2.7. Viral Infections
Several pathogens, especially viruses, may be involved in the progression of autoimmunity and T1D development. Some studies have shown that viral infections, mainly those by enteroviruses, could be involved in the pathogenesis of T1D. Because of the molecular mimicry of human islet cell autoantigens, Coxsackie B virus and enteroviruses, which could be found in the pancreatic islets of most patients with T1D, could speed up the disease progression through the activation of the immune system
[75][76][77][78]. The enteroviruses may also cause an acute infection of the pancreatic β-cells, resulting in β-cell destruction and progression to clinical T1D
[79].
2.8. Dietary Factors
Diet is another environmental factor that affects the progression from islet autoimmunity to clinical T1D. Early exposure to cow’s milk is associated with more rapid progression to T1D. One hypothesis explaining the role of cow’s milk in disease progression is albumin’s molecular mimicry to ICA, a surface protein of pancreatic β-cells
[80]. High consumption of cow’s milk in childhood has been associated with an increased risk of progression from islet autoimmunity to T1D
[81][82][83]. The effect of hydrolysed infant formula versus conventional formula on the risk of T1D was studied in the TRIGR Randomized Clinical Trial
[84]. However, no effect of the hydrolysed infant formula consumption on the risk of T1D was found.
3. Conclusions
Islet cell autoantibodies can only be measured at a certain stage of disease progression, at which the humoral autoimmunity has already been engaged.
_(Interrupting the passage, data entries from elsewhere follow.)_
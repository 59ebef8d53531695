-- ===== src/Core/Simulator/Canon/Senders.antt =====
-- What `canonicalize_actions` of core/src/simulator.cpp gives: one envelope for each vehicle, in their order.
use sentinel_public.Prelude.{
  ℕ, suc, ◌==◌, ◌≡◌, refl, ap, ◌∙◌, Bool, true, false, not, ◌||◌, List, [], ◌∷◌, map, Exception, ok,
  throw_if, length, invalid_argument, Ensures, Ensures-bind, Ensures-elim, arith,
}
use sentinel_public.Prelude.Text.{Text, text_lt, text_eq_sound}
use sentinel_public.Prelude.Order.{by, sort, length-sort}
use sentinel_public.Protocol.Actions.{Envelope, ActionBatch}
use sentinel_public.Core.Simulator.State.{Services, Vehicle, Simulator, vehicle_id}
use sentinel_public.Core.Simulator.Views.{canonical_state}
use sentinel_public.Core.Simulator.Canon.{
  check_envelope, canonical_envelope, canonical_all, canonicalize_actions, check_action,
  misaddressed, with_state,
}

abbrev sender : Envelope → Text
sender e = e.sender_id

throw_if-eq-ok : (b : Bool) (e : Exception) {u : Unit {0}} → throw_if b e ≡ ok u → b ≡ false
throw_if-eq-ok true e h = cc
throw_if-eq-ok false e h = refl

-- The envelope is the vehicle's.
abbrev IsSentBy : Vehicle → Envelope → Type 0
IsSentBy v e = sender e ≡ vehicle_id v

own : (a b : Bool) → not a || b ≡ false → a ≡ true
own a b h = ground arith

module _ (env : Services) (s : Simulator) where
  checked : (i : ℕ) (v : Vehicle) (e : Envelope) → misaddressed s i v e ≡ false → IsSentBy v e
  unfolding misaddressed
  checked i v e h = text_eq_sound e.sender_id v.spec.id (own _ _ h)

  canonical_envelope-IsSentBy :
      (i : ℕ) (v : Vehicle) (e : Envelope) → Ensures (IsSentBy v) (canonical_envelope env s i v e)
  unfolding canonical_envelope check_envelope
  canonical_envelope-IsSentBy i v e = Ensures-bind (IsSentBy v) (check_envelope s i v e) _ (λ _ k.
      Ensures-bind (IsSentBy v) (canonical_state env s e.sender_id e.action.allocation_state) _
        (λ state _.
          Ensures-bind (IsSentBy v) (check_action s (with_state e state)) _
            (λ _ _. checked i v e (throw_if-eq-ok _ _ k))))

  abbrev AreSentBy : List Vehicle → List Envelope → Type 0
  AreSentBy vs es = map sender es ≡ map vehicle_id vs

  canonical_all-AreSentBy :
      (i : ℕ) (vs : List Vehicle) (es : List Envelope)
      → length es ≡ length vs
      → Ensures (AreSentBy vs) (canonical_all env s i vs es)
  unfolding canonical_all
  canonical_all-AreSentBy i [] [] same = refl
  canonical_all-AreSentBy i (v ∷ vs) [] same = absurd (omega arith)
  canonical_all-AreSentBy i [] (e ∷ es) same = tt
  canonical_all-AreSentBy i (v ∷ vs) (e ∷ es) same =
      Ensures-bind (AreSentBy (v ∷ vs)) (canonical_envelope env s i v e) _ (λ e' k.
        Ensures-bind (AreSentBy (v ∷ vs)) (canonical_all env s (suc i) vs es) _ (λ es' m.
          let first =
            Ensures-elim (IsSentBy v) (canonical_envelope env s i v e)
              (canonical_envelope-IsSentBy i v e) k in
          let rest =
            Ensures-elim (AreSentBy vs) (canonical_all env s (suc i) vs es)
              (canonical_all-AreSentBy (suc i) vs es (omega arith)) m in
          ap (λ id. id ∷ map sender es') first ∙ ap (λ ids. vehicle_id v ∷ ids) rest))

  -- An action batch that is accepted has one envelope for each vehicle, and they come in the order of the
  -- vehicles.
  pub canonicalize_actions-senders :
      (actions : ActionBatch)
      → Ensures
          (λ b. map (λ e. e.sender_id) b.actions ≡ map vehicle_id s.vehicles)
          (canonicalize_actions env s actions)
  unfolding canonicalize_actions
  canonicalize_actions-senders actions =
      Ensures-bind (λ b. AreSentBy s.vehicles b.actions)
        (throw_if
          (not (actions.tick == s.tick) || not (length actions.actions == length s.vehicles))
          invalid_argument)
        _
        (λ _ k.
          let sorted = sort (by sender text_lt) actions.actions in
          Ensures-bind (λ b. AreSentBy s.vehicles b.actions)
            (canonical_all env s 0 s.vehicles sorted) _
            (λ es m.
              Ensures-elim (AreSentBy s.vehicles) (canonical_all env s 0 s.vehicles sorted)
                (canonical_all-AreSentBy 0 s.vehicles sorted (
                  length-sort (by sender text_lt) actions.actions
                  ∙ as_many _ _ _ (throw_if-eq-ok _ _ k)))
                m))
    where
      as_many : (a : Bool) (m n : ℕ) → a || not (m == n) ≡ false → m ≡ n
      as_many a m n h = ground arith
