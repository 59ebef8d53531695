-- ===== src/Core/Simulator/Digest.antt =====
-- `compute_state_hash` of core/src/simulator.cpp: what the hash of a tick covers.
use sentinel_public.Prelude.{ℕ, true, false, List, [], ◌∷◌, Option, none, some, length}
use sentinel_public.Prelude.Int.{ℤ}
use sentinel_public.Prelude.Text.{Text}
use sentinel_public.Protocol.Messages.{
  TaskStatus, pending, completed, missed, Region, NetworkMessage,
}
use sentinel_public.Protocol.Actions.{
  BehaviorMode, idle, waiting, navigating, executing, charging, returning, AllocationConvergence,
}
use sentinel_public.Planning.Reservation.{Reservation}
use sentinel_public.Core.Hash.{
  HashBuilder, new_hash, unsigned_integer, signed_integer, boolean, text, finish, to_unsigned,
}
use sentinel_public.Core.Rng.{states}
use sentinel_public.Core.Network.Digest.{numbers, append_hash}
use sentinel_public.Core.Simulator.State.{
  Services, Vehicle, FailureMonitor, Task, Convergence, Measures, Simulator,
}

unfoldable pub hash_each {ℓ} :
    {A : Type ℓ} → (HashBuilder → A → HashBuilder) → HashBuilder → List A → HashBuilder
hash_each append hash [] = hash
hash_each append hash (x ∷ xs) = hash_each append (append hash x) xs

-- Several calls of `signed_integer`.
unfoldable pub integers : HashBuilder → List ℤ → HashBuilder
unfolding hash_each signed_integer
integers = hash_each signed_integer

-- The values of the enumerators, as `std::uint64_t`.
unfoldable pub status_number : TaskStatus → ℕ
status_number TaskStatus.unspecified = 0
status_number pending = 1
status_number completed = 2
status_number missed = 3

unfoldable pub mode_number : BehaviorMode → ℕ
unfolding to_unsigned
mode_number BehaviorMode.unspecified = 0
mode_number idle = 1
mode_number waiting = 2
mode_number navigating = 3
mode_number executing = 4
mode_number charging = 5
mode_number returning = 6
mode_number (BehaviorMode.unrecognized n) = to_unsigned n

unfoldable pub hash_region : HashBuilder → Region → HashBuilder
unfolding text boolean
hash_region hash region = boolean (text hash region.id) region.closed

-- `has_value()` and `value_or(0)`.
unfoldable pub hash_tick : HashBuilder → Option ℕ → HashBuilder
unfolding boolean unsigned_integer
hash_tick hash none = unsigned_integer (boolean hash false) 0
hash_tick hash (some tick) = unsigned_integer (boolean hash true) tick

unfoldable pub hash_vehicle : HashBuilder → Vehicle → HashBuilder
unfolding text integers boolean hash_tick unsigned_integer mode_number
hash_vehicle hash v =
    let named = text (text hash v.spec.id) v.spec.kind in
    let measured = integers named (
      v.x_mm ∷ v.y_mm ∷ v.velocity_x_mm_s ∷ v.velocity_y_mm_s ∷ v.energy_mj ∷ v.energy_capacity_mj
      ∷ v.max_speed_mm_s ∷ v.payload_grams ∷ []) in
    let failed = hash_tick (boolean measured v.active) v.failure_tick in
    numbers (boolean failed v.failure_announced)
      (mode_number v.behavior_mode ∷ v.route_version ∷ [])

unfoldable pub hash_task : HashBuilder → Task → HashBuilder
unfolding text boolean unsigned_integer status_number signed_integer numbers
hash_task hash t =
    let status =
      unsigned_integer (boolean (text hash t.spec.id) t.released) (status_number t.status) in
    let owned =
      numbers (text status t.assigned_agent_id) (t.allocation_epoch ∷ t.allocation_version ∷ []) in
    numbers (signed_integer owned t.allocation_score)
      (t.bundle_position ∷ t.progress_ticks ∷ t.completion_tick ∷ [])

unfoldable pub hash_reservation : HashBuilder → Reservation → HashBuilder
unfolding text numbers
hash_reservation hash r =
    numbers (text (text hash r.resource_id) r.agent_id)
      (r.start_tick ∷ r.end_tick ∷ r.version ∷ r.route_version ∷ r.map_version ∷ [])

-- A count and what is counted.
unfoldable pub hash_counted {ℓ} :
    {A : Type ℓ} → (HashBuilder → A → HashBuilder) → HashBuilder → List A → HashBuilder
unfolding hash_each unsigned_integer
hash_counted append hash xs = hash_each append (unsigned_integer hash (length xs)) xs

unfoldable pub hash_convergence : HashBuilder → Convergence → HashBuilder
unfolding boolean numbers text
hash_convergence hash c =
    text (numbers (boolean hash c.is_open) (c.start_tick ∷ c.candidate_tick ∷ c.stable_ticks ∷ []))
      c.signature

unfoldable pub hash_sample : HashBuilder → AllocationConvergence → HashBuilder
unfolding boolean numbers
hash_sample hash sample =
    boolean (numbers hash (sample.epoch ∷ sample.start_tick ∷ sample.end_tick ∷ [])) sample.complete

unfoldable pub hash_monitor : HashBuilder → FailureMonitor → HashBuilder
unfolding text numbers hash_tick
hash_monitor hash m =
    hash_tick
      (numbers (text (text hash m.detector_id) m.failed_id) (m.failure_tick ∷ m.missed_ticks ∷ []))
      m.detection_tick

unfoldable pub hash_stream : HashBuilder → Text × ℕ → HashBuilder
unfolding text unsigned_integer
hash_stream hash stream = unsigned_integer (text hash stream.0) stream.1

unfoldable pub hash_message : HashBuilder → NetworkMessage → HashBuilder
unfolding text unsigned_integer
hash_message hash m =
    text (unsigned_integer (text (text hash m.sender_id) m.recipient_id) m.version) m.payload

abbrev pub measure_numbers : Measures → List ℕ
measure_numbers m =
    m.wait_ticks ∷ m.replan_count ∷ m.recharge_ticks ∷ m.return_ticks ∷ m.travel_distance_mm
    ∷ m.energy_consumed_mj ∷ m.rejected_commits ∷ []

-- The world, the vehicles and the tasks.
unfoldable pub hash_world : Simulator → HashBuilder
unfolding unsigned_integer text numbers hash_each hash_region hash_vehicle hash_task
hash_world s =
    let header =
      numbers (text (unsigned_integer new_hash s.tick) s.network_profile)
        (s.allocation_epoch ∷ s.scenario.world.map_version ∷ []) in
    hash_each hash_task
      (hash_each hash_vehicle (hash_each hash_region header s.scenario.world.regions) s.vehicles)
      s.tasks

-- The measures, the reservations and the network.
unfoldable pub hash_traffic : Services → Simulator → HashBuilder → HashBuilder
unfolding numbers unsigned_integer hash_counted hash_reservation append_hash
hash_traffic env s hash =
    let measured =
      unsigned_integer (numbers hash (measure_numbers s.measures)) s.reservations.conflicts in
    append_hash env.message_bytes
      (hash_counted hash_reservation
        (hash_counted hash_reservation measured s.reservations.committed) s.reservations.seen)
      s.network

abbrev pub by_bytes {ℓ} : {A : Type ℓ} → (A → Text) → HashBuilder → A → HashBuilder
by_bytes bytes hash x = text hash (bytes x)

-- The agents' views and the records of the run.
unfoldable pub hash_records : Services → Simulator → HashBuilder → HashBuilder
unfolding hash_convergence hash_counted hash_sample hash_monitor text
hash_records env s hash =
    let views =
      hash_counted (by_bytes env.view_bytes) (hash_convergence hash s.convergence)
        s.allocation_views in
    let monitors =
      hash_counted hash_monitor (hash_counted hash_sample views s.allocation_convergence)
        s.failure_monitors in
    hash_counted (by_bytes env.sample_bytes)
      (hash_counted (by_bytes env.reassignment_bytes)
        (hash_counted (by_bytes env.detection_bytes) monitors s.failure_detections)
        s.task_reassignments)
      s.replanning_samples

unfoldable pub compute_state_hash : Services → Simulator → Text
unfolding hash_world hash_traffic hash_records hash_each hash_stream hash_message hash_counted
    finish states
compute_state_hash env s =
    let records = hash_records env s (hash_traffic env s (hash_world s)) in
    finish (
      hash_counted (by_bytes env.outcome_bytes)
        (hash_each hash_message (hash_each hash_stream records (states s.rng_streams))
          s.delivered_messages)
        s.network_outcomes)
Thus, novel approaches besides traditional screening methods are required to predict the disease onset accurately, before the first signs of islet cell autoantibodies appear. Changes in the taxonomic composition of the gut microbiome, which are currently studied in children as potential biomarkers of T1D, precede the appearance of islet autoimmunity
Identifying factors leading to the destruction of β-cells offers potential means for intervention aimed at preventing T1D. It is already possible to manipulate the spontaneous appearance of islet autoantibodies by dietary modification early in life.